Saved entries:
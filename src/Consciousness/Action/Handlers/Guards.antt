-- ===== src/Consciousness/Action/Handlers/Guards.antt =====
-- What the handlers let through to the hardware and to the file system.
use aion_os.Prelude.{
  ℕ, ◌*◌, ◌/◌, ◌≤◌, ◌≡◌, ◌⊎◌, ◌↔◌, ap, false, [], ◌∷◌, ◌==◌, ==_iff, inl, inr, Bool-cases,
  Option-cases, arith, ◌∙◌,
}
use aion_os.Consciousness.Text.{Text, codes, find_after, Occurs, find_after-none}
use aion_os.Consciousness.Action.Results.{Act}
use aion_os.Consciousness.Action.Results.Kept.{world-record_result}
use aion_os.Consciousness.Action.Handlers.{
  Services, rejects, clamp_mhz, str_or_empty, act_file_write, act_cpu_freq_set, int_or,
}

-- The path begins with a slash, and never holds two dots in a row.
abbrev pub IsConfined : Text → Type 0
IsConfined path = ((s : Text) × (path ≡ b'/' ∷ s)) × (¬ Occurs (codes "..") path)

-- `act_file_write` lets exactly these paths through.
rejects_iff : (path : Text) → (rejects path ≡ false) ↔ IsConfined path
unfolding rejects
rejects_iff [] = (λ h. cc, λ h. let (s, e) = h.0 in cc)
rejects_iff (c ∷ s) = (
  λ h. elim (Bool-cases (c == b'/')) [
    | inl slash ↦ elim (Option-cases (find_after (codes "..") (c ∷ s))) [
      | inl e ↦ ((s, ap (λ x. x ∷ s) ((==_iff c b'/').0 slash)), (find_after-none _ _).0 e)
      | inr (r, e) ↦ absurd (cc (rw (slash, e) at h))
    ]
    | inr other ↦ absurd (cc (rw other at h))
  ],
  λ ((r, e), safe). rw ((==_iff c b'/').1 (head e), (find_after-none _ _).1 safe),
)
  where
    head : {c d : ℕ} {s r : Text} → c ∷ s ≡ d ∷ r → c ≡ d
    head e = cc

-- The ratio that `act_cpu_freq_set` writes lies between 4 and 34.
clamp_mhz-bounds : (mhz : ℕ) → (400 ≤ clamp_mhz mhz) × (clamp_mhz mhz ≤ 3400)
unfolding clamp_mhz
clamp_mhz-bounds mhz = ground arith

clamp_mhz-inside : (mhz : ℕ) → 400 ≤ mhz → mhz ≤ 3400 → clamp_mhz mhz ≡ mhz
unfolding clamp_mhz
clamp_mhz-inside mhz low high = ground arith

module _ {W : Type 0} (sv : Services W) where
  -- Whatever the token says, `act_file_write` either changes nothing outside the results, or writes
  -- to a confined path: one that begins with a slash and never holds two dots in a row.
  pub act_file_write-IsConfined :
      (token : Text) (a : Act W)
      → ((act_file_write sv token a).world ≡ a.world)
        ⊎ ((path : Text) × (contents : Text) × IsConfined path
            × ((act_file_write sv token a).world ≡ sv.fs_write_file_usb path contents a.world))
  unfolding act_file_write
  act_file_write-IsConfined token a =
      let path = str_or_empty token (codes "path") 512 in
      elim (Bool-cases (rejects path)) [
        | inl refused ↦ inl (rw refused (world-record_result _ a))
        | inr passed ↦ inr (
          path,
          str_or_empty token (codes "data") 4096,
          (rejects_iff path).0 passed,
          rw passed (world-record_result _ _),
        )
      ]

  -- Whatever frequency the token asks for, `act_cpu_freq_set` writes to IA32_PERF_CTL, and to no
  -- other place, a ratio from 4 to 34 in bits 8 to 15.
  pub act_cpu_freq_set-ratio :
      (token : Text) (a : Act W)
      → (ratio : ℕ) × (4 ≤ ratio)
        × (ratio ≤ 34)
        × ((act_cpu_freq_set sv token a).world ≡ sv.wrmsr 0x199 (ratio * 256) a.world)
  unfolding act_cpu_freq_set
  act_cpu_freq_set-ratio token a =
      let mhz = clamp_mhz (int_or sv.signed_overflow 1600 token (codes "mhz")) in
      let bounds = clamp_mhz-bounds (int_or sv.signed_overflow 1600 token (codes "mhz")) in
      (
        mhz / 100,
        omega (arith, bounds),
        omega (arith, bounds),
        world-record_result _ _ ∙ ap (λ v. sv.wrmsr 0x199 v a.world) (omega (arith, bounds)),
      )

Activity: Copy each line containing the word "dots" from the data.

The completed task:
-- The path begins with a slash, and never holds two dots in a row.
  -- to a confined path: one that begins with a slash and never holds two dots in a row.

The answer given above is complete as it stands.